[MATERIAL TO PROCESS — start]
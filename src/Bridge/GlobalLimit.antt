-- ===== src/Bridge/GlobalLimit.antt =====
-- The global daily limit of the credit bridge, over histories: the records that the storage keeps
-- have the sum of all withdrawals in the window, though old ones are pruned ten at a time.
use sysbreak_trust.Base.{
  ℕ, ◌+◌, ◌-◌, ◌≤◌, ◌<◌, ◌≡◌, arith, ok, some, List, [], ◌∷◌, Text, find, save, number_key, Map,
  is_ok, true,
}
use native.Mathlib.Nat.{le_refl}
use sysbreak_trust.Host.{Env, MessageInfo, Deps, Response}
use sysbreak_trust.Bridge.State.{Config, Storage, ExecuteMsg, WithdrawalRecord}
use sysbreak_trust.Bridge.Helpers.{check_global_limit}
use sysbreak_trust.Bridge.Withdraw.{authorize, execute_withdraw}
use sysbreak_trust.Bridge.Trace.{Withdrawal, as_record, logged, Reach}
use sysbreak_trust.Bridge.Frame.{
  SameBooks, Withdrawn, execute_withdraw-Withdrawn, cutoff_of, entry_of, pruned_of,
}
use sysbreak_trust.Bridge.Induction.{Blank, Reach-induction}
use sysbreak_trust.Bridge.Window.{share, range_sum, range_sum-push, global_loop-eq, prune-keeps}

-- The credits that were withdrawn from `cutoff` on.
abbrev pub in_window : ℕ → List Withdrawal → ℕ
in_window cutoff [] = 0
in_window cutoff (w ∷ h) = share cutoff (as_record w) + in_window cutoff h

-- The sum over the indices from `oldest` to `counter`.
abbrev stored_sum : ℕ → Map ℕ WithdrawalRecord → ℕ → ℕ → ℕ
stored_sum cutoff m counter oldest = range_sum cutoff m (counter + 1 - oldest) oldest

-- The stored records agree with the history on every window of this call and of later ones.
pub record IsCounted (s : Storage) (h : List Withdrawal) (now : ℕ) : Type 0 where
  pub ordered : (c o : ℕ) → s.global_wd_counter ≡ some c → s.global_wd_oldest ≡ some o → o ≤ c
  pub summed :
      (c o : ℕ)
      → s.global_wd_counter ≡ some c
      → s.global_wd_oldest ≡ some o
      → (cutoff : ℕ) → cutoff_of now ≤ cutoff
      → stored_sum cutoff s.global_withdrawal_records c o ≡ in_window cutoff h

Blank-IsCounted : (s : Storage) (now : ℕ) → Blank s → IsCounted s [] now
unfolding range_sum find
Blank-IsCounted s now b = record {
  ordered = λ c o e e'. ground (arith, b.global_wd_counter, b.global_wd_oldest);
  summed = λ c o e e' cutoff le.
      let zero_c : c ≡ 0 = ground (arith, b.global_wd_counter) in
      let zero_o : o ≡ 0 = ground (arith, b.global_wd_oldest) in
      rw (zero_c, zero_o, b.global_records);
}

SameBooks-IsCounted :
    (s s' : Storage) (h : List Withdrawal) (now now' : ℕ)
    → SameBooks s s'
    → now ≤ now'
    → IsCounted s h now
    → IsCounted s' h now'
SameBooks-IsCounted s s' h now now' b later k = record {
  ordered = λ c o e e'. k.ordered c o (cc (b.global_wd_counter)) (cc (b.global_wd_oldest));
  summed = λ c o e e' cutoff le.
      rw (b.global_records)
        (k.summed c o (cc (b.global_wd_counter)) (cc (b.global_wd_oldest)) cutoff (omega arith));
}

-- Saving the new entry behind the last one, and pruning.
stored_sum-pruned :
    (now credits : ℕ) (s : Storage) (c o cutoff : ℕ)
    → o ≤ c
    → cutoff_of now ≤ cutoff
    → let (m, oldest) = pruned_of now credits s c o in
      (oldest ≤ c + 1)
      × (stored_sum cutoff m (c + 1) oldest
          ≡ stored_sum cutoff s.global_withdrawal_records c o + share cutoff (entry_of credits now))
stored_sum-pruned now credits s c o cutoff le late =
    let m = save (c + 1) (entry_of credits now) s.global_withdrawal_records in
    let (low, same) = prune-keeps (cutoff_of now) (c + 1) 10 m o cutoff late (omega arith) in
    (
      low,
      omega (
        arith,
        same,
        range_sum-push cutoff (entry_of credits now) s.global_withdrawal_records c o le,
      ),
    )

Withdrawn-IsCounted :
    (d : Deps) (env : Env) (info : MessageInfo) (nonce : Text) (credits tokens : ℕ)
    (signature : Text) (s s' : Storage) (r : Response) (h : List Withdrawal) (now : ℕ)
    → Withdrawn d env info nonce credits tokens signature s s' r
    → now ≤ env.time
    → IsCounted s h now
    → IsCounted s' (logged env info (ExecuteMsg.withdraw nonce credits tokens signature) h) env.time
Withdrawn-IsCounted d env info nonce credits tokens signature s s' r h now w later k =
    let old = w.recorded.counter in
    let first = w.recorded.oldest in
    let le = k.ordered old first w.recorded.old_counter w.recorded.old_oldest in
    let new_o = (pruned_of env.time credits s old first).1 in
    let pruned = stored_sum-pruned env.time credits s old first in
    record {
      ordered = λ c o e e'.
          let is_c : c ≡ old + 1 = cc (w.recorded.new_counter) in
          let is_o : o ≡ new_o = cc (w.recorded.new_oldest) in
          rw (is_c, is_o) (pruned (cutoff_of env.time) le (le_refl _)).0;
      summed = λ c o e e' cutoff late.
          let is_c : c ≡ old + 1 = cc (w.recorded.new_counter) in
          let is_o : o ≡ new_o = cc (w.recorded.new_oldest) in
          let before =
            k.summed old first w.recorded.old_counter w.recorded.old_oldest cutoff (omega arith) in
          rw (is_c, is_o, w.recorded.records) (omega (arith, (pruned cutoff le late).1, before));
    }

-- In every history the stored records have the sums of the history.
pub Reach-IsCounted :
    {s : Storage} {h : List Withdrawal} {now : ℕ} → Reach s h now → IsCounted s h now
Reach-IsCounted = Reach-induction IsCounted Blank-IsCounted SameBooks-IsCounted Withdrawn-IsCounted

-- The global check is among those that a withdrawal passes.
authorize-global :
    (d : Deps) (env : Env) (info : MessageInfo) (config : Config) (nonce : Text)
    (credits tokens : ℕ) (signature : Text) (s : Storage) (fee : ℕ)
    → authorize d env info config nonce credits tokens signature s ≡ ok fee
    → is_ok (check_global_limit s env credits config) ≡ true
unfolding authorize
authorize-global d env info config nonce credits tokens signature s fee h = ground arith

-- What a passed check says of the stored records.
check_global_limit-room :
    (s : Storage) (env : Env) (credits : ℕ) (config : Config) (c o : ℕ)
    → s.global_wd_counter ≡ some c
    → s.global_wd_oldest ≡ some o
    → 0 < credits
    → is_ok (check_global_limit s env credits config) ≡ true
    → stored_sum (cutoff_of env.time) s.global_withdrawal_records c o + credits
      ≤ config.global_daily_limit
unfolding check_global_limit
check_global_limit-room s env credits config c o e e' pos h =
    let m = s.global_withdrawal_records in
    ground (arith, global_loop-eq (cutoff_of env.time) m (c + 1 - o) o 0)

-- In every history, when a withdrawal succeeds, the credits withdrawn in the day that ends with it,
-- itself included, are within the global daily limit that is then set.
pub global_limit_kept :
    (d : Deps) (env : Env) (info : MessageInfo) (nonce : Text) (credits tokens : ℕ)
    (signature : Text) {s s' : Storage} {r : Response} {h : List Withdrawal} {now : ℕ}
    {config : Config}
    → Reach s h now
    → now ≤ env.time
    → s.config ≡ some config
    → execute_withdraw d env info nonce credits tokens signature s ≡ ok (s', r)
    → in_window
        (cutoff_of env.time)
        (logged env info (ExecuteMsg.withdraw nonce credits tokens signature) h)
      ≤ config.global_daily_limit
global_limit_kept d env info nonce credits tokens signature {s} {s'} {r} {h} {now} {config} reached
      later e k =
    let w = execute_withdraw-Withdrawn d env info nonce credits tokens signature s s' r k in
    let rec = w.recorded in
    let same : w.config ≡ config = cc (w.stored) in
    let passed =
      authorize-global d env info w.config nonce credits tokens signature s w.fee w.authorized in
    let room =
      check_global_limit-room s env credits w.config rec.counter rec.oldest rec.old_counter
        rec.old_oldest w.credits_pos passed in
    let sum =
      (Reach-IsCounted reached).summed rec.counter rec.oldest rec.old_counter rec.old_oldest
        (cutoff_of env.time) (omega arith) in
    let all : share (cutoff_of env.time) (entry_of credits env.time) ≤ credits = ground arith in
    rw (← same) (omega (arith, sum, room, all))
[MATERIAL TO PROCESS — finish]
▶ [TO DO]:
Copy every line of the entries above in which "authorize" occurs.

▶ [REPLY TO THE TASK]:
use sysbreak_trust.Bridge.Withdraw.{authorize, execute_withdraw}
authorize-global :
    → authorize d env info config nonce credits tokens signature s ≡ ok fee
unfolding authorize
authorize-global d env info config nonce credits tokens signature s fee h = ground arith
      authorize-global d env info w.config nonce credits tokens signature s w.fee w.authorized in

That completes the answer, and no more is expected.